До отъезда в командировку Лютров слышал, будто Данилов беседовал со Стариком о поведении Боровского. Но до того ли Главному сейчас, чтобы заниматься еще и амбицией «корифея»?
…Лютров начал летать с Саниным на «С-04» после аварии «С-40» в 1959 году. В отличие от второго летчика Андрея Трефилова, Санин оставался на борту с командиром корабля Иваном Моисеевым до последней минуты и выбросился из машины, когда пожар в зоне четвертого двигателя ослабил крепежные узлы и мотор отвалился. Потерявшая равновесие машина мгновенно свалилась на крыло, так что Санин едва успел выбраться из аварийного люка.
Прыжок был неудачным, Санин опустился на старую осину, в лесу за деревней, сильно ударился. Побаливала спина, и он не на шутку боялся, что врачи «зарубят».
И радовался, как ребенок, когда увидел в летной книжке пометку «без ограничений».
Вернувшись из госпиталя, Санин как-то обмолвился в присутствии Гая-Самари и Бориса Долотова о «некоторой поспешности», с которой покидал самолет Андрей Трефилов.
Убедившись, что включение противопожарной системы не сбило огонь, Трефилов расстегнул ремни и сказал Моисееву:
— Поскольку… у меня сегодня день рождения… я покидаю машину.
Моисеев вначале и не понял его, вопросительно посмотрел на Санина, снова на Трефилова, но затем отвел глаза, будто устыдившись, и, прежде чем Трефилов успел покинуть кресло, дал команду выбрасываться. Кроме Санина, никто из экипажа ничего, кроме того, что второй летчик с завидной оперативностью выполнил команду командира корабля, не понял в поведении Трефилова.
Однако ускользающая от формальных определений вина Трефилова, с точки зрения обязанности второго по значению члена экипажа, заключалась не в букве инструкций, а в летной этике. Покинь он машину вместе с командиром, когда на борту не останется никого, кроме них, и Трефилов, может быть, и по сей день работал бы на фирме. Да и Санина, человека по натуре мягкого и терпимого, несколько обескуражило то, какой оборот приняла эта история год спустя с нелегкой руки Бориса Долотова. На первом этапе испытаний «семерку» вел Долотов, вторым летчиком назначили было Трефилова. Но Долотов, которому всегда было все равно, с кем летать, на этот раз отказался работать с Трефиловым. С кем угодно, кроме него. Дело дошло до объяснения в кабинете Данилова.

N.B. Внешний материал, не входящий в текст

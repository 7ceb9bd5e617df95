-- ===== src/Msg/Splice.antt =====
-- Runs of bytes in a buffer: writing one at a position, and finding one there.
use libixp.Base.{
  ℕ, suc, ◌+◌, ◌≤◌, ◌<◌, ◌≡◌, refl, ◌∙◌, List, [], ◌∷◌, ◌++◌, some, arith, length, get_elem?, set,
  length-set, get_elem?-set_self, get_elem?-set_ne,
}

-- The buffer with the bytes written from p on.
unfoldable pub splice : List ℕ → ℕ → List ℕ → List ℕ
splice buf p [] = buf
splice buf p (b ∷ bs) = splice (set buf p b) (suc p) bs

-- The bytes stand in the buffer from p on.
abbrev pub At : List ℕ → ℕ → List ℕ → Type 0
At buf p [] = Unit {0}
At buf p (b ∷ bs) = (get_elem? buf p ≡ some b) × At buf (suc p) bs

pub length-splice : (buf : List ℕ) (p : ℕ) (bs : List ℕ) → length (splice buf p bs) ≡ length buf
unfolding splice
length-splice buf p [] = refl
length-splice buf p (b ∷ bs) = length-splice (set buf p b) (suc p) bs ∙ length-set buf p b

pub splice-append :
    (buf : List ℕ) (p q : ℕ) (xs ys : List ℕ)
    → q ≡ p + length xs
    → splice (splice buf p xs) q ys ≡ splice buf p (xs ++ ys)
unfolding splice
splice-append buf p q [] ys e = let h : q ≡ p = omega arith in rw h
splice-append buf p q (x ∷ xs) ys e = splice-append (set buf p x) (suc p) q xs ys (omega arith)

-- Bytes before the run and behind it are left alone.
pub get_elem?-splice_below :
    (buf : List ℕ) (p i : ℕ) (bs : List ℕ) → i < p → get_elem? (splice buf p bs) i ≡ get_elem? buf i
unfolding splice
get_elem?-splice_below buf p i [] h = refl
get_elem?-splice_below buf p i (b ∷ bs) h =
    get_elem?-splice_below (set buf p b) (suc p) i bs (omega arith)
    ∙ get_elem?-set_ne buf p i b (omega arith)

pub get_elem?-splice_above :
    (buf : List ℕ) (p i : ℕ) (bs : List ℕ)
    → p + length bs ≤ i
    → get_elem? (splice buf p bs) i ≡ get_elem? buf i
unfolding splice
get_elem?-splice_above buf p i [] h = refl
get_elem?-splice_above buf p i (b ∷ bs) h =
    get_elem?-splice_above (set buf p b) (suc p) i bs (omega arith)
    ∙ get_elem?-set_ne buf p i b (omega arith)

-- What was written is there.
pub At-splice :
    (buf : List ℕ) (p : ℕ) (bs : List ℕ) → p + length bs ≤ length buf → At (splice buf p bs) p bs
unfolding splice
At-splice buf p [] h = tt
At-splice buf p (b ∷ bs) h = (
  get_elem?-splice_below (set buf p b) (suc p) p bs (omega arith)
      ∙ get_elem?-set_self buf p b (omega arith),
  At-splice (set buf p b) (suc p) bs (omega (arith, length-set buf p b)),
)

pub At-append_left : (buf : List ℕ) (p : ℕ) (xs ys : List ℕ) → At buf p (xs ++ ys) → At buf p xs
At-append_left buf p [] ys h = tt
At-append_left buf p (x ∷ xs) ys (h, hs) = (h, At-append_left buf (suc p) xs ys hs)

pub At-append_right :
    (buf : List ℕ) (p q : ℕ) (xs ys : List ℕ)
    → q ≡ p + length xs
    → At buf p (xs ++ ys)
    → At buf q ys
At-append_right buf p q [] ys e h = let k : q ≡ p = omega arith in rw k h
At-append_right buf p q (x ∷ xs) ys e (_, hs) = At-append_right buf (suc p) q xs ys (omega arith) hs

pub At-append :
    (buf : List ℕ) (p q : ℕ) (xs ys : List ℕ)
    → q ≡ p + length xs
    → At buf p xs
    → At buf q ys
    → At buf p (xs ++ ys)
At-append buf p q [] ys e hx hy = let k : q ≡ p = omega arith in rw (← k) hy
At-append buf p q (x ∷ xs) ys e (h, hs) hy = (h, At-append buf (suc p) q xs ys (omega arith) hs hy)

-- A run survives a change that leaves its bytes alone.
pub At-transport :
    (buf buf' : List ℕ) (p : ℕ) (bs : List ℕ)
    → ((i : ℕ) → p ≤ i → get_elem? buf' i ≡ get_elem? buf i)
    → At buf p bs
    → At buf' p bs
At-transport buf buf' p [] same h = tt
At-transport buf buf' p (b ∷ bs) same (h, hs) =
    (same p (omega arith) ∙ h, At-transport buf buf' (suc p) bs (λ i le. same i (omega arith)) hs)
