-- ===== src/Msg/Steps.antt =====
-- The single steps of the pack and unpack functions, as equations to chain with `bind-ok`.
use libixp.Base.{ℕ, ◌+◌, ◌%◌, ◌^◌, ◌≤◌, ◌<◌, ◌≡◌, refl, Bool, true, false, le→leb, lt→leb_false}
use libixp.Msg.{Mode, Msg, ok, pack_requested, uninitialised, advance, fits}

pub fits-ok : (n : ℕ) (m : Msg) → m.pos + n ≤ m.end → fits n m ≡ ok (true, m)
unfolding fits
fits-ok n m h = rw (le→leb _ _ h)

pub fits-no : (n : ℕ) (m : Msg) → m.end < m.pos + n → fits n m ≡ ok (false, m)
unfolding fits
fits-no n m h = rw (lt→leb_false _ _ h)

pub packing-ok : (m : Msg) → m.mode ≡ Mode.pack → pack_requested m ≡ ok (true, m)
unfolding pack_requested
packing-ok m p = simp p

pub packing-no : (m : Msg) → m.mode ≡ Mode.unpack → pack_requested m ≡ ok (false, m)
unfolding pack_requested
packing-no m p = simp p

pub pack_requested_total : (m : Msg) → (b : Bool) × (pack_requested m ≡ ok (b, m))
unfolding pack_requested
pack_requested_total m = (_, refl)

pub uninitialised-ok : (m : Msg) → uninitialised m ≡ ok (m.uninit % 2 ^ 16, m)
unfolding uninitialised
uninitialised-ok m = refl

pub advance-ok : (n : ℕ) (m : Msg) → advance n m ≡ ok (tt, record m { pos = m.pos + n })
unfolding advance
advance-ok n m = refl
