-- ===== src/Msg/Packs.antt =====
-- What a function does in Mode::Pack, as one predicate with a rule for each way to combine: the
-- position moves on by the packed bytes, nothing at or past the end is touched, and if the bytes
-- end before _end they stand in the buffer.
use mathlib.Core.List.{append-nil}
use libixp.Base.{
  ℕ, ◌+◌, ◌%◌, ◌^◌, ◌≤◌, ◌<◌, ◌≡◌, refl, subst, ◌∙◌, inl, inr, Bool, true, false, List, [], ◌++◌,
  arith, leb, if◌then◌else◌, Bool-cases, length, length-append, get_elem?, leb→le, leb_false→lt,
}
use libixp.Msg.{
  Mode, Msg, ok, M, pure, ◌>>=◌, bind-ok, ◌>>◌, pack_requested, uninitialised, advance, fits,
}
use libixp.Msg.Steps.{
  fits-ok, fits-no, packing-ok, pack_requested_total, uninitialised-ok, advance-ok,
}
use libixp.Msg.Splice.{splice, length-splice, splice-append, get_elem?-splice_above}

-- The invariant of a message: its end lies within its buffer.
abbrev pub IsWithin : Msg → Type 0
IsWithin m = m.end ≤ length m.buffer

-- b is the buffer of m after the bytes were packed at its position.
pub record Written (m : Msg) (bs : List ℕ) (b : List ℕ) : Type 0 where
  pub same_length : length b ≡ length m.buffer
  pub same_beyond : (i : ℕ) → m.end ≤ i → get_elem? b i ≡ get_elem? m.buffer i
  pub spliced : m.pos + length bs ≤ m.end → b ≡ splice m.buffer m.pos bs

-- On a message in Mode::Pack with the given junk in its locals, op returns a and packs bs.
pub record Packs {A : Type 0} (junk : ℕ) (op : M A) (a : A) (bs : List ℕ) : Type 0 where
  pub run :
      (m : Msg)
      → IsWithin m
      → m.mode ≡ Mode.pack
      → m.uninit ≡ junk
      → (b : List ℕ) × (op m ≡ ok (a, record m { pos = m.pos + length bs; buffer = b }))
        × Written m bs b

pub Packs-pure : {A : Type 0} (junk : ℕ) (a : A) → Packs junk (pure a) a []
unfolding splice pure
Packs-pure junk a = record {
  run = λ m w p u.
      let e : m.pos + 0 ≡ m.pos = omega arith in
      (
        m.buffer,
        rw e refl,
        record { same_length = refl; same_beyond = λ i h. refl; spliced = λ h. refl },
      );
}

pub Packs-bind :
    {A B : Type 0} {junk : ℕ} (op : M A) (f : A → M B) {a : A} {b : B} {xs ys : List ℕ}
    → Packs junk op a xs
    → Packs junk (f a) b ys
    → Packs junk (op >>= f) b (xs ++ ys)
Packs-bind op f {xs} {ys} h k = record {
  run = λ m w p u.
      let (b1, e1, w1) = h.run m w p u in
      let m1 : Msg = record m { pos = m.pos + length xs; buffer = b1 } in
      let (b2, e2, w2) = k.run m1 (omega (arith, w1.same_length)) p u in
      let at : m.pos + length xs + length ys ≡ m.pos + length (xs ++ ys) =
        omega (arith, length-append {0} xs ys) in
      (
        b2,
        bind-ok op f m e1 ∙ e2 ∙ rw at refl,
        record {
          same_length = w2.same_length ∙ w1.same_length;
          same_beyond = λ i le. w2.same_beyond i le ∙ w1.same_beyond i le;
          spliced = λ le.
              w2.spliced (omega arith)
              ∙ rw (w1.spliced (omega arith))
                  (splice-append m.buffer m.pos (m.pos + length xs) xs ys refl);
        },
      );
}

-- A block that ends by `pure`.
pub Packs-map :
    {A B : Type 0} {junk : ℕ} (op : M A) (f : A → B) {a : A} {xs : List ℕ}
    → Packs junk op a xs
    → Packs junk (op >>= λ x. pure (f x)) (f a) xs
Packs-map op f {a} {xs} h =
    subst (Packs _ (op >>= λ x. pure (f x)) (f a)) (append-nil xs)
      (Packs-bind op (λ x. pure (f x)) h (Packs-pure _ (f a)))

pub Packs-if :
    {A : Type 0} {junk : ℕ} (b : Bool) {x y : M A} {a : A} {xs ys : List ℕ}
    → (b ≡ true → Packs junk x a xs)
    → (b ≡ false → Packs junk y a ys)
    → Packs junk (if b then x else y) a (if b then xs else ys)
Packs-if true h k = h refl
Packs-if false h k = k refl

pub Packs-requested : (junk : ℕ) → Packs junk pack_requested true []
unfolding splice
Packs-requested junk = record {
  run = λ m w p u.
      let e : m.pos + 0 ≡ m.pos = omega arith in
      (
        m.buffer,
        rw e (packing-ok m p),
        record { same_length = refl; same_beyond = λ i h. refl; spliced = λ h. refl },
      );
}

pub Packs-uninitialised : (junk : ℕ) → Packs junk uninitialised (junk % 2 ^ 16) []
unfolding splice
Packs-uninitialised junk = record {
  run = λ m w p u.
      let e : m.pos + 0 ≡ m.pos = omega arith in
      (
        m.buffer,
        uninitialised-ok m ∙ rw (e, u) refl,
        record { same_length = refl; same_beyond = λ i h. refl; spliced = λ h. refl },
      );
}

-- The shape that the packing functions share: test for room, act by the mode, and move on.
module _ {A : Type 0} (c u : M A) (a : A) (n : ℕ) where
  abbrev pub guarded : M A
  guarded = do
    room ← fits n
    packing ← pack_requested
    a' ← if room then (if packing then c else u) else pure a
    advance n
    pure a'

  -- Without room the position moves on and nothing else happens, in either mode.
  pub guarded_past :
      (m : Msg) → m.end < m.pos + n → guarded m ≡ ok (a, record m { pos = m.pos + n })
  unfolding pure
  guarded_past m h =
      bind-ok _ _ m (fits-no n m h)
      ∙ bind-ok _ _ m (pack_requested_total m).1
      ∙ bind-ok _ _ m refl
      ∙ bind-ok _ _ m (advance-ok n m)

  pub Packs-guarded :
      (junk : ℕ) (bs : List ℕ)
      → length bs ≡ n
      → ((m : Msg)
          → IsWithin m
          → m.pos + n ≤ m.end
          → c m ≡ ok (a, record m { buffer = splice m.buffer m.pos bs }))
      → Packs junk guarded a bs
  unfolding pure
  Packs-guarded junk bs e body = record {
    run = λ m w p _. elim (Bool-cases (leb (m.pos + n) m.end)) [
      | inl room ↦ (
        splice m.buffer m.pos bs,
        bind-ok _ _ m (fits-ok n m (leb→le _ _ room))
            ∙ bind-ok _ _ m (packing-ok m p)
            ∙ bind-ok _ _ m (body m w (leb→le _ _ room))
            ∙ bind-ok _ _ _ (advance-ok n _)
            ∙ rw e refl,
        record {
          same_length = length-splice m.buffer m.pos bs;
          same_beyond =
              λ i le. get_elem?-splice_above m.buffer m.pos i bs (omega (arith, leb→le _ _ room));
          spliced = λ h. refl;
        },
      )
      | inr full ↦ (
        m.buffer,
        guarded_past m (leb_false→lt _ _ full) ∙ rw e refl,
        record {
          same_length = refl;
          same_beyond = λ i le. refl;
          spliced = λ h. absurd (omega (arith, leb_false→lt _ _ full));
        },
      )
    ];
  }
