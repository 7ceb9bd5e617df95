-- ===== src/Msg/Uints.antt =====
-- pu8 to pu64 in Mode::Pack: they pack the bytes of the value, the lowest first.
use libixp.Base.{
  ℕ, suc, ◌+◌, ◌*◌, ◌/◌, ◌%◌, ◌^◌, ◌≤◌, ◌<◌, ◌≡◌, refl, ◌∙◌, List, [], ◌∷◌, ◌++◌, arith, length,
  set, length-set, set_comm, lt→ltb,
}
use Prim.Native.Nat.{bit_or}
use libixp.Base.Bits.{bit_or_low_high}
use libixp.Msg.{
  Msg, ok, pure, bind-ok, poke, store, NumberSize, s_byte, s_word, s_dword, width, pack_uint, puint,
  pu8, pu16, pu32, pu64,
}
use libixp.Msg.Splice.{splice}
use libixp.Msg.Packs.{Packs, Packs-bind, Packs-pure, Packs-guarded}

-- The bytes of a number on the wire.
abbrev pub bytes : NumberSize → ℕ → List ℕ
bytes s_byte v = v % 256 ∷ []
bytes s_word v = v % 256 ∷ v / 2 ^ 8 % 256 ∷ []
bytes s_dword v = v % 256 ∷ v / 2 ^ 8 % 256 ∷ v / 2 ^ 16 % 256 ∷ v / 2 ^ 24 % 256 ∷ []

pub poke-ok :
    (k b : ℕ) (m : Msg)
    → m.pos + k < length m.buffer
    → poke k b m ≡ ok (tt, record m { buffer = set m.buffer (m.pos + k) b })
unfolding poke
poke-ok k b m h = rw (lt→ltb _ _ h)

store-ok :
    (k v : ℕ) (m : Msg)
    → m.pos + k < length m.buffer
    → store k v m ≡ ok (tt, record m { buffer = set m.buffer (m.pos + k) (v % 256) })
unfolding store
store-ok k v m h = poke-ok k (v % 256) m h

set_two : (buf : List ℕ) (p a b : ℕ) → set (set buf (p + 1) b) (p + 0) a ≡ splice buf p (a ∷ b ∷ [])
unfolding splice
set_two buf p a b =
    let e0 : p + 0 ≡ p = omega arith in
    let e1 : p + 1 ≡ suc p = omega arith in rw (e0, e1) (set_comm buf (suc p) p b a (omega arith))

set_four :
    (buf : List ℕ) (p a b c d : ℕ)
    → set (set (set (set buf (p + 3) d) (p + 2) c) (p + 1) b) (p + 0) a
      ≡ splice buf p (a ∷ b ∷ c ∷ d ∷ [])
unfolding splice
set_four buf p a b c d =
    let e0 : p + 0 ≡ p = omega arith in
    let e1 : p + 1 ≡ suc p = omega arith in
    let e2 : p + 2 ≡ suc (suc p) = omega arith in
    let e3 : p + 3 ≡ suc (suc (suc p)) = omega arith in
    rw (e0, e1, e2, e3)
      (cc (
        set_comm (set (set buf (suc (suc (suc p))) d) (suc (suc p)) c) (suc p) p b a (omega arith),
        set_comm (set buf (suc (suc (suc p))) d) (suc (suc p)) p c a (omega arith),
        set_comm buf (suc (suc (suc p))) p d a (omega arith),
        set_comm (set (set buf p a) (suc (suc (suc p))) d) (suc (suc p)) (suc p) c b (omega arith),
        set_comm (set buf p a) (suc (suc (suc p))) (suc p) d b (omega arith),
        set_comm (set (set buf p a) (suc p) b) (suc (suc (suc p))) (suc (suc p)) d c (omega arith),
      ))

pack_uint-ok :
    (s : NumberSize) (v : ℕ) (m : Msg)
    → m.pos + width s ≤ length m.buffer
    → pack_uint s v m ≡ ok (tt, record m { buffer = splice m.buffer m.pos (bytes s v) })
unfolding pack_uint splice
pack_uint-ok s_byte v m h =
    let e0 : m.pos + 0 ≡ m.pos = omega arith in store-ok 0 v m (omega arith) ∙ rw e0 refl
pack_uint-ok s_word v m h =
    bind-ok _ _ m (store-ok 1 (v / 2 ^ 8) m (omega arith))
    ∙ store-ok 0 v _ (omega (arith, length-set m.buffer (m.pos + 1) (v / 2 ^ 8 % 256)))
    ∙ rw (set_two m.buffer m.pos (v % 256) (v / 2 ^ 8 % 256)) refl
pack_uint-ok s_dword v m h =
    bind-ok _ _ m (store-ok 3 (v / 2 ^ 24) m (omega arith))
    ∙ bind-ok _ _ _ (store-ok 2 (v / 2 ^ 16) _ (omega (arith, length-set {0})))
    ∙ bind-ok _ _ _ (store-ok 1 (v / 2 ^ 8) _ (omega (arith, length-set {0})))
    ∙ store-ok 0 v _ (omega (arith, length-set {0}))
    ∙ rw (set_four m.buffer m.pos (v % 256) (v / 2 ^ 8 % 256) (v / 2 ^ 16 % 256) (v / 2 ^ 24 % 256))
        refl

pub length-bytes : (s : NumberSize) (v : ℕ) → length (bytes s v) ≡ width s
length-bytes s_byte v = refl
length-bytes s_word v = refl
length-bytes s_dword v = refl

pub Packs-puint : (junk : ℕ) (s : NumberSize) (v : ℕ) → Packs junk (puint s v) v (bytes s v)
unfolding puint pure
Packs-puint junk s v =
    Packs-guarded _ _ v (width s) junk (bytes s v) (length-bytes s v)
      λ m w h. bind-ok _ _ m (pack_uint-ok s v m (omega arith))

-- A packed value is given back as it was, and the bytes are those of its width.
pub Packs-pu8 : (junk v : ℕ) → v < 2 ^ 8 → Packs junk (pu8 v) v (bytes s_byte v)
unfolding pu8
Packs-pu8 junk v h =
    let e : v % 2 ^ 8 ≡ v = omega arith in
    Packs-bind _ _ (Packs-puint junk s_byte v) (rw e (Packs-pure junk v))

pub Packs-pu16 : (junk v : ℕ) → v < 2 ^ 16 → Packs junk (pu16 v) v (bytes s_word v)
unfolding pu16
Packs-pu16 junk v h =
    let e : v % 2 ^ 16 ≡ v = omega arith in
    Packs-bind _ _ (Packs-puint junk s_word v) (rw e (Packs-pure junk v))

pub Packs-pu32 : (junk v : ℕ) → Packs junk (pu32 v) v (bytes s_dword v)
unfolding pu32
Packs-pu32 junk v = Packs-puint junk s_dword v

abbrev pub bytes64 : ℕ → List ℕ
bytes64 v = bytes s_dword (v % 2 ^ 32) ++ bytes s_dword (v / 2 ^ 32 % 2 ^ 32)

pub joined : (v : ℕ) → v < 2 ^ 64 → bit_or (v % 2 ^ 32) (v / 2 ^ 32 % 2 ^ 32 * 2 ^ 32) ≡ v
joined v h = bit_or_low_high 32 (v / 2 ^ 32 % 2 ^ 32) (v % 2 ^ 32) (omega arith) ∙ omega arith

pub Packs-pu64 : (junk v : ℕ) → v < 2 ^ 64 → Packs junk (pu64 v) v (bytes64 v)
unfolding pu64
Packs-pu64 junk v h =
    let e : bit_or (v % 2 ^ 32) (v / 2 ^ 32 % 2 ^ 32 * 2 ^ 32) ≡ v = joined v h in
    Packs-bind _ _ (Packs-puint junk s_dword (v % 2 ^ 32))
      (Packs-bind _ _ (Packs-puint junk s_dword (v / 2 ^ 32 % 2 ^ 32)) (rw e (Packs-pure junk v)))
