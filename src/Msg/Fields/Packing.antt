-- ===== src/Msg/Fields/Packing.antt =====
-- pstring, pdata and the array loops in Mode::Pack.
use libixp.Base.{
  ℕ, zero, suc, ◌+◌, ◌%◌, ◌^◌, ◌≤◌, ◌<◌, ◌≡◌, refl, ◌∙◌, List, [], ◌∷◌, ◌++◌, arith, length,
  length-set, take, All, le→ltb_false,
}
use libixp.Msg.{Msg, ok, M, pure, bind-ok, s_word}
use libixp.Msg.Fields.{
  Str, store_bytes, copy, pdata, pstring, store_elements, pdata_vector, for_first, pstrings_round,
  parray,
}
use libixp.Msg.Splice.{splice, At}
use libixp.Msg.Packs.{
  Packs, Packs-bind, Packs-pure, Packs-map, Packs-requested, Packs-uninitialised, Packs-guarded,
}
use libixp.Msg.Uints.{bytes, poke-ok, Packs-pu16}

pub store_bytes-ok :
    (k p : ℕ) (bs : Str) (m : Msg)
    → p ≡ m.pos + k
    → p + length bs ≤ length m.buffer
    → store_bytes k bs m ≡ ok (tt, record m { buffer = splice m.buffer p bs })
unfolding store_bytes splice pure
store_bytes-ok k p [] m e h = refl
store_bytes-ok k p (b ∷ bs) m e h =
    bind-ok _ _ m (poke-ok k b m (omega arith))
    ∙ store_bytes-ok (suc k) (suc p) bs _ (omega arith)
        (omega (arith, length-set m.buffer (m.pos + k) b))
    ∙ rw e refl

copy-ok :
    (str : Str) (len : ℕ) (m : Msg)
    → m.pos + length (take len str) ≤ length m.buffer
    → copy str len m ≡ ok (str, record m { buffer = splice m.buffer m.pos (take len str) })
unfolding copy pure
copy-ok str len m h = bind-ok _ _ m (store_bytes-ok 0 m.pos (take len str) m (omega arith) h)

pub length-take : (n : ℕ) (xs : Str) → n ≤ length xs → length (take n xs) ≡ n
length-take zero xs h = refl
length-take (suc n) [] h = absurd (omega arith)
length-take (suc n) (x ∷ xs) h = omega (arith, length-take n xs (omega arith))

-- A string of which len bytes are taken is packed as those bytes, if it has them.
pub Packs-pdata :
    (junk : ℕ) (str : Str) (len : ℕ)
    → len ≤ length str
    → Packs junk (pdata str len) str (take len str)
unfolding pdata
Packs-pdata junk str len h =
    Packs-guarded _ _ str len junk (take len str) (length-take len str h)
      λ m w room. copy-ok str len m (omega (arith, length-take len str h))

-- The length as a uint16_t and that many bytes.
abbrev pub string_bytes : Str → List ℕ
string_bytes str = bytes s_word (length str % 2 ^ 16) ++ take (length str % 2 ^ 16) str

wire_length : (str : Str) → length (take (length str % 2 ^ 16) str) ≡ length str % 2 ^ 16
wire_length str = length-take (length str % 2 ^ 16) str (omega arith)

pub Packs-pstring : (junk : ℕ) (str : Str) → Packs junk (pstring str) str (string_bytes str)
unfolding pstring
Packs-pstring junk str =
    let n = length str % 2 ^ 16 in
    Packs-bind _ _ (Packs-requested junk) (
      Packs-bind _ _ (Packs-uninitialised junk) (
        Packs-bind _ _ (Packs-pu16 junk n (omega arith)) (
          Packs-guarded _ _ str n junk (take n str) (wire_length str)
            λ m w room. copy-ok str n m (omega (arith, wire_length str)))))

store_elements-ok :
    (elements : Str) (k p n : ℕ) (bs : Str) (m : Msg)
    → p ≡ m.pos + k
    → p + n ≤ length m.buffer
    → At elements k bs
    → length bs ≡ n
    → store_elements elements k n m ≡ ok (tt, record m { buffer = splice m.buffer p bs })
unfolding store_elements splice pure
store_elements-ok elements k p zero [] m e h a l = refl
store_elements-ok elements k p zero (b ∷ bs) m e h a l = absurd (omega arith)
store_elements-ok elements k p (suc n) [] m e h a l = absurd (omega arith)
store_elements-ok elements k p (suc n) (b ∷ bs) m e h (a, rest) l =
    rw (a, store_elements)
      (bind-ok _ _ m (poke-ok k b m (omega arith))
        ∙ store_elements-ok elements (suc k) (suc p) n bs _ (omega arith)
            (omega (arith, length-set m.buffer (m.pos + k) b)) rest (omega arith)
        ∙ rw e refl)

At-cons : (x : ℕ) (buf : List ℕ) (p : ℕ) (bs : List ℕ) → At buf p bs → At (x ∷ buf) (suc p) bs
At-cons x buf p [] h = tt
At-cons x buf p (b ∷ bs) (h, hs) = (h, At-cons x buf (suc p) bs hs)

At-take : (xs : Str) (n : ℕ) → At xs 0 (take n xs)
At-take xs zero = tt
At-take [] (suc n) = tt
At-take (x ∷ xs) (suc n) = (refl, At-cons x xs 0 (take n xs) (At-take xs n))

-- A vector of at least len bytes is packed as its first len.
pub Packs-pdata_vector :
    (junk : ℕ) (elements : Str) (len : ℕ)
    → len ≤ length elements
    → Packs junk (pdata_vector elements len) elements (take len elements)
unfolding pdata_vector pure
Packs-pdata_vector junk elements len h =
    Packs-guarded _ _ elements len junk (take len elements) (length-take len elements h) λ m w room.
      bind-ok _ _ m (
        store_elements-ok elements 0 m.pos len (take len elements) m (omega arith) (omega arith)
          (At-take elements len) (length-take len elements h))

-- The loops over the first n entries of an array.
module _ {A : Type 0} (body : A → M A) (enc : A → List ℕ) where
  abbrev pub first_bytes : ℕ → List A → List ℕ
  first_bytes zero xs = []
  first_bytes (suc n) [] = []
  first_bytes (suc n) (x ∷ xs) = enc x ++ first_bytes n xs

  pub Packs-for_first :
      (junk n : ℕ) (xs : List A)
      → n ≤ length xs
      → All (λ x. Packs junk (body x) x (enc x)) xs
      → Packs junk (for_first body n xs) xs (first_bytes n xs)
  unfolding for_first
  Packs-for_first junk zero xs h v = Packs-pure junk xs
  Packs-for_first junk (suc n) [] h v = absurd (omega arith)
  Packs-for_first junk (suc n) (x ∷ xs) h (v, vs) =
      Packs-bind _ _ v (Packs-map _ (◌∷◌ x) (Packs-for_first junk n xs (omega arith) vs))

  pub Packs-parray :
      (junk limit num : ℕ) (xs : List A)
      → num ≤ limit
      → num ≤ length xs
      → num < 2 ^ 16
      → All (λ x. Packs junk (body x) x (enc x)) xs
      → Packs junk (parray body limit num xs) (num, xs) (bytes s_word num ++ first_bytes num xs)
  unfolding parray
  Packs-parray junk limit num xs hl hx hn v = Packs-bind _ _ (Packs-pu16 junk num hn) (
      rw (le→ltb_false limit num hl)
        (Packs-map _ (λ xs'. (num, xs')) (Packs-for_first junk num xs hx v)))

pub Packs-pstrings_round :
    (junk : ℕ) (str : Str) → Packs junk (pstrings_round str) str (string_bytes str)
unfolding pstrings_round
Packs-pstrings_round junk str = Packs-bind _ _ (Packs-requested junk) (
    Packs-bind _ _ (Packs-pu16 junk (length str % 2 ^ 16) (omega arith))
      (Packs-pdata junk str (length str % 2 ^ 16) (omega arith)))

И тут не только все решилось, но и все, кому довелось при этом присутствовать, немало были удивлены тем объяснением сущности характера Трефилова, какое в очень немногих словах дал Борис Долотов, человек, как будто и не замечавший никого за пять лет пребывания на фирме.
Если Гая-Самари можно было отнести к категории «модников-скромников», кем веяния моды вводились с оглядкой, осторожно: чуть длиннее пиджак, ярче галстук, немного уже или слегка расклешены брюки, то Андрей Трефилов принадлежал к «модникам-эксцентрикам», на ком появляется все самое модное, яркое, еще непривычное глазу и оттого бросающееся в глаза. Казалось, этот человек свободное от работы время только и занимался тем, что искал какой-нибудь галстук «павлиний глаз» или невообразимую замшевую куртку со множеством карманов и бесконечными застежками-«молниями», и чтобы на подкладке были золототканные ярлыки, стилизованные под средневековые геральдические щиты. Он первым принимался носить пальто с накладными карманами, пыжиковую шапку, туфли с носком веретеном, обтягивающие икры брюки, пестро расцвеченные сорочки, доставал неведомо где паркеровские ручки, африканских чертиков для украшения лобового стекла машины, зажигалки из Японии, носил тончайшие часы на массивном золотом браслете, запонки с цыганскими висюльками, зажим для галстука в виде полицейских наручников и даже сигареты умудрялся курить «оттедова»: то с изображением верблюдов на пачках, то герцогских корон чуть ли не из Новой Зеландии.